## Problem requirements
Your task is to copy the lines of the data below from the line holding "r.channels ≡ o" through the line holding "handle_copy-Kept [] k", inclusive, exactly and with nothing added.

[Stored data]
++++++++++

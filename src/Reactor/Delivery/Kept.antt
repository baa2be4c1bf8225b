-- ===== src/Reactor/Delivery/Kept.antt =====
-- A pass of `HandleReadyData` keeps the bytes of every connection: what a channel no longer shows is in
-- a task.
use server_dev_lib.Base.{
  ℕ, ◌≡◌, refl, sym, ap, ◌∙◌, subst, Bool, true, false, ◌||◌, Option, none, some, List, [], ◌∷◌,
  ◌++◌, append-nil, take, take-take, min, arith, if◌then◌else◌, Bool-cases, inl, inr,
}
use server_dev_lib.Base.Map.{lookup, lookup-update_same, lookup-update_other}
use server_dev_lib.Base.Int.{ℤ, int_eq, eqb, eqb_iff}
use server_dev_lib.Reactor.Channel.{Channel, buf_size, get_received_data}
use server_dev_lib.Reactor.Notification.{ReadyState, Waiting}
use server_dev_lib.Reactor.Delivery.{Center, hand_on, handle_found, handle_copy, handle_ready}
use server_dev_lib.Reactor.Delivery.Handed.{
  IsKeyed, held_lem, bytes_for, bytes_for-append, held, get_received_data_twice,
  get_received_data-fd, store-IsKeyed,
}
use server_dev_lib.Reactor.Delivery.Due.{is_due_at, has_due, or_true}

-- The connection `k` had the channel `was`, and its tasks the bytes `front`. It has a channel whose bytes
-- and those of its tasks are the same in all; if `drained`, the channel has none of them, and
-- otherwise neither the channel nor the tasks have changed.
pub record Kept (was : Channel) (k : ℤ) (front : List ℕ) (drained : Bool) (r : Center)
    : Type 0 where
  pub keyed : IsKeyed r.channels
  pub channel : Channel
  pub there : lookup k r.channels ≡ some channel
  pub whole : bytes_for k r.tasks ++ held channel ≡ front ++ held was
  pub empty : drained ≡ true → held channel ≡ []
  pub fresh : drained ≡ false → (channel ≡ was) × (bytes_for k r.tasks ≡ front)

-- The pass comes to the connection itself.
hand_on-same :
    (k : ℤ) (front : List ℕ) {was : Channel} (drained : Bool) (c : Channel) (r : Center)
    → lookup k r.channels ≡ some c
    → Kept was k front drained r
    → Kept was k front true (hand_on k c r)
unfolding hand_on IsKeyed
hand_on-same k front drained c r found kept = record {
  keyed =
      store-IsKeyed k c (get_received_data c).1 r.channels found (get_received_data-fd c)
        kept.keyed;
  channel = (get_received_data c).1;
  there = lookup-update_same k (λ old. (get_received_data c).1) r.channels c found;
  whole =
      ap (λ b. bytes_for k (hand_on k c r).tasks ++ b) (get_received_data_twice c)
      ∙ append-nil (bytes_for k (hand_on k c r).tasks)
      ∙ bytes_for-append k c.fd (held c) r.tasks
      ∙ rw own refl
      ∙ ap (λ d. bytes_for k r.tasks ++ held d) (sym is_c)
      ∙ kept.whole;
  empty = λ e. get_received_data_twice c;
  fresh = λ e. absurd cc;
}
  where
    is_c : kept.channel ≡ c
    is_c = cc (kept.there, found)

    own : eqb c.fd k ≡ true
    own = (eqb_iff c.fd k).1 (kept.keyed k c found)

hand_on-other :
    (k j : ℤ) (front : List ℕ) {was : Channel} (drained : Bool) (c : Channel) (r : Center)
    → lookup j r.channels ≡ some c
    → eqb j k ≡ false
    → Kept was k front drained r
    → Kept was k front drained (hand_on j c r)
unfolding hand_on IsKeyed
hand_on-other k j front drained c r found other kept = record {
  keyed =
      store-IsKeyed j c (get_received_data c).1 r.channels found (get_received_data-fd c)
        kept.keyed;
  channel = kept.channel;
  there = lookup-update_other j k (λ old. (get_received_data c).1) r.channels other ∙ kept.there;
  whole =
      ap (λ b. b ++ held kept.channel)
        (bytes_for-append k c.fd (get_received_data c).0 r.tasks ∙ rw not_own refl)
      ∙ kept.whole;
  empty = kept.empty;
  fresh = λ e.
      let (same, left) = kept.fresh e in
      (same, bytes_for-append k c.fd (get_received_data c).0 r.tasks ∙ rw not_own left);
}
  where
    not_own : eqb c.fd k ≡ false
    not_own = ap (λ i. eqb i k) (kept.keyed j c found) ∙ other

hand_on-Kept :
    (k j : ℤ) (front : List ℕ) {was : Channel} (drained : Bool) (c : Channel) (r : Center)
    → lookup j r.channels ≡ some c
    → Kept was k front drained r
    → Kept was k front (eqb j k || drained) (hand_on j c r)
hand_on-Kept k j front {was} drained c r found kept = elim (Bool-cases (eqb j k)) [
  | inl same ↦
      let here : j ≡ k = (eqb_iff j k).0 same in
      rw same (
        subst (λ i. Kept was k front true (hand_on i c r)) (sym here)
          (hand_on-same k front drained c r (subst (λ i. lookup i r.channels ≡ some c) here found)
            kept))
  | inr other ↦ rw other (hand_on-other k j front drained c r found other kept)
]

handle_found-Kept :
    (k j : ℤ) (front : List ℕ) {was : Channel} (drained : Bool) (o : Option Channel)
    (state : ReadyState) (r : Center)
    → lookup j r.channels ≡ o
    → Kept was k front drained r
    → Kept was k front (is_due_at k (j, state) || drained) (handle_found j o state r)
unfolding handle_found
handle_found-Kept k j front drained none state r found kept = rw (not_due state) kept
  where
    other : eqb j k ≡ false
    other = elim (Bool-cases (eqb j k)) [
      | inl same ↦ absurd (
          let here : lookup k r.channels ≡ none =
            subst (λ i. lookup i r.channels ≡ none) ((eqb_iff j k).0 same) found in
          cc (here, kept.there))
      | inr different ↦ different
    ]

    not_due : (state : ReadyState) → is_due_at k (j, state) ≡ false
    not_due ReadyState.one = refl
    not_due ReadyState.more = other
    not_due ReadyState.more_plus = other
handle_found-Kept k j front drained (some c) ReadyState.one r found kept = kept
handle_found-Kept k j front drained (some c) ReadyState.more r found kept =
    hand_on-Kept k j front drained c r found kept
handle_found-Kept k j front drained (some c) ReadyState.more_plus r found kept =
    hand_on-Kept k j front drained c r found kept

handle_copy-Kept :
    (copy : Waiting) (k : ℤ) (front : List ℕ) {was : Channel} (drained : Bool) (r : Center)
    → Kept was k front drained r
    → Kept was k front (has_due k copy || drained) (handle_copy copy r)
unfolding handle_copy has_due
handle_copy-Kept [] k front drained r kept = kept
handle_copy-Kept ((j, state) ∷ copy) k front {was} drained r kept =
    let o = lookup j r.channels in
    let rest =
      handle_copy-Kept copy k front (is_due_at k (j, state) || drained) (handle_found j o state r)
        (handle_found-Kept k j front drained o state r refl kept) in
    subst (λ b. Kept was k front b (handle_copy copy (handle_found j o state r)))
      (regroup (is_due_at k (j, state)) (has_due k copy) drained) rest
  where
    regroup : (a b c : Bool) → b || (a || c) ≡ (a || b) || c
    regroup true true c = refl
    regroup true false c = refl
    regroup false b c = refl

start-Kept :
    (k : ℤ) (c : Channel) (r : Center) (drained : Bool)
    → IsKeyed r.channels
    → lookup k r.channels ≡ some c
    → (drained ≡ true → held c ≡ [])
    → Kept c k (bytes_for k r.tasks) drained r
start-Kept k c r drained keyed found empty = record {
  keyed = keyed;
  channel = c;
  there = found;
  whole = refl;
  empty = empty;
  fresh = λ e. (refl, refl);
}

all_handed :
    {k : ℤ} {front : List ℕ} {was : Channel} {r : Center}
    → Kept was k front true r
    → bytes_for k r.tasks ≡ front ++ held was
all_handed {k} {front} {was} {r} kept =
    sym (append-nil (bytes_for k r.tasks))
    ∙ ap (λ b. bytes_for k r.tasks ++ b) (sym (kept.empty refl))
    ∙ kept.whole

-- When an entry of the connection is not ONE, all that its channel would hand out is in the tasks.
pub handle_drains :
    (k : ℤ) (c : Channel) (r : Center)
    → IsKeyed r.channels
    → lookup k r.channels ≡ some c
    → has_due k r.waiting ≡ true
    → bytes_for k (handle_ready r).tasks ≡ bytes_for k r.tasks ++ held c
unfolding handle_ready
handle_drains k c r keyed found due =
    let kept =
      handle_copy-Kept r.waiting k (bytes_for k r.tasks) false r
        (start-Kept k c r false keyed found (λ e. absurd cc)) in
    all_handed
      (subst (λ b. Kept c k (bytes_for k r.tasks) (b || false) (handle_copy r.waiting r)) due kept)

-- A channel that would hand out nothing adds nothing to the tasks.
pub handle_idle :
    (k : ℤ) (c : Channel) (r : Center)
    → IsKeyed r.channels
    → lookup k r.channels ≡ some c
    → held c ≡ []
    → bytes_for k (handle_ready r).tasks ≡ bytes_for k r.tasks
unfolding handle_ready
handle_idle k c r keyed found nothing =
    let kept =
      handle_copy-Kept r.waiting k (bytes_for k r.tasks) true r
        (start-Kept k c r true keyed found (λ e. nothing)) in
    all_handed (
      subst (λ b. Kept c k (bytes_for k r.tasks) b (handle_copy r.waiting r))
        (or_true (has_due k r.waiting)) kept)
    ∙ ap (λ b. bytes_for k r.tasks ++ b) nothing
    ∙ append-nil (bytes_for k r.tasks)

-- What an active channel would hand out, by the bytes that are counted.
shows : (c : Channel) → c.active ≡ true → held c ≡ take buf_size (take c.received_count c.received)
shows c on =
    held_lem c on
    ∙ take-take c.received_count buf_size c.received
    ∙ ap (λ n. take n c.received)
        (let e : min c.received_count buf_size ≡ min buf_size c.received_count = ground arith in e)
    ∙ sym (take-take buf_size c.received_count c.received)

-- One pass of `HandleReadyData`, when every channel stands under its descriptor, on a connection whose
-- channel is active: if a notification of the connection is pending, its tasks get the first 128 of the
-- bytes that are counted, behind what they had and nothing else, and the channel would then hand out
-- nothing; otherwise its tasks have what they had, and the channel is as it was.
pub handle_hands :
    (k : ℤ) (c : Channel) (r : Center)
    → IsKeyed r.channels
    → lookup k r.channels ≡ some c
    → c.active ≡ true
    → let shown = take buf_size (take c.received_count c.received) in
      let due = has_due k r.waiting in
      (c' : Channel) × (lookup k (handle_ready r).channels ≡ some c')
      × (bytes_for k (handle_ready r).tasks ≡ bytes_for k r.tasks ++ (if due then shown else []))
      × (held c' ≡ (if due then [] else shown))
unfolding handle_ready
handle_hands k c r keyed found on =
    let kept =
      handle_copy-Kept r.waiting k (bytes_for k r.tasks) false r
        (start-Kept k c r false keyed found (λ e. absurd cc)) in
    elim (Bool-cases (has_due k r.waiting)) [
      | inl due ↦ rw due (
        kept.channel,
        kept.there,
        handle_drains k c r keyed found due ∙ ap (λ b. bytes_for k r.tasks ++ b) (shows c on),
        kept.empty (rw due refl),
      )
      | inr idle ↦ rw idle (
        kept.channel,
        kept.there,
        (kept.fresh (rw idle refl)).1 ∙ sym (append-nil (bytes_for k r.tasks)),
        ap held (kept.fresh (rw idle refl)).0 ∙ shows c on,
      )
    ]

++++++++++

## Answer for the task
    → lookup j r.channels ≡ o
    → Kept was k front drained r
    → Kept was k front (is_due_at k (j, state) || drained) (handle_found j o state r)
unfolding handle_found
handle_found-Kept k j front drained none state r found kept = rw (not_due state) kept
  where
    other : eqb j k ≡ false
    other = elim (Bool-cases (eqb j k)) [
      | inl same ↦ absurd (
          let here : lookup k r.channels ≡ none =
            subst (λ i. lookup i r.channels ≡ none) ((eqb_iff j k).0 same) found in
          cc (here, kept.there))
      | inr different ↦ different
    ]

    not_due : (state : ReadyState) → is_due_at k (j, state) ≡ false
    not_due ReadyState.one = refl
    not_due ReadyState.more = other
    not_due ReadyState.more_plus = other
handle_found-Kept k j front drained (some c) ReadyState.one r found kept = kept
handle_found-Kept k j front drained (some c) ReadyState.more r found kept =
    hand_on-Kept k j front drained c r found kept
handle_found-Kept k j front drained (some c) ReadyState.more_plus r found kept =
    hand_on-Kept k j front drained c r found kept

handle_copy-Kept :
    (copy : Waiting) (k : ℤ) (front : List ℕ) {was : Channel} (drained : Bool) (r : Center)
    → Kept was k front drained r
    → Kept was k front (has_due k copy || drained) (handle_copy copy r)
unfolding handle_copy has_due
handle_copy-Kept [] k front drained r kept = kept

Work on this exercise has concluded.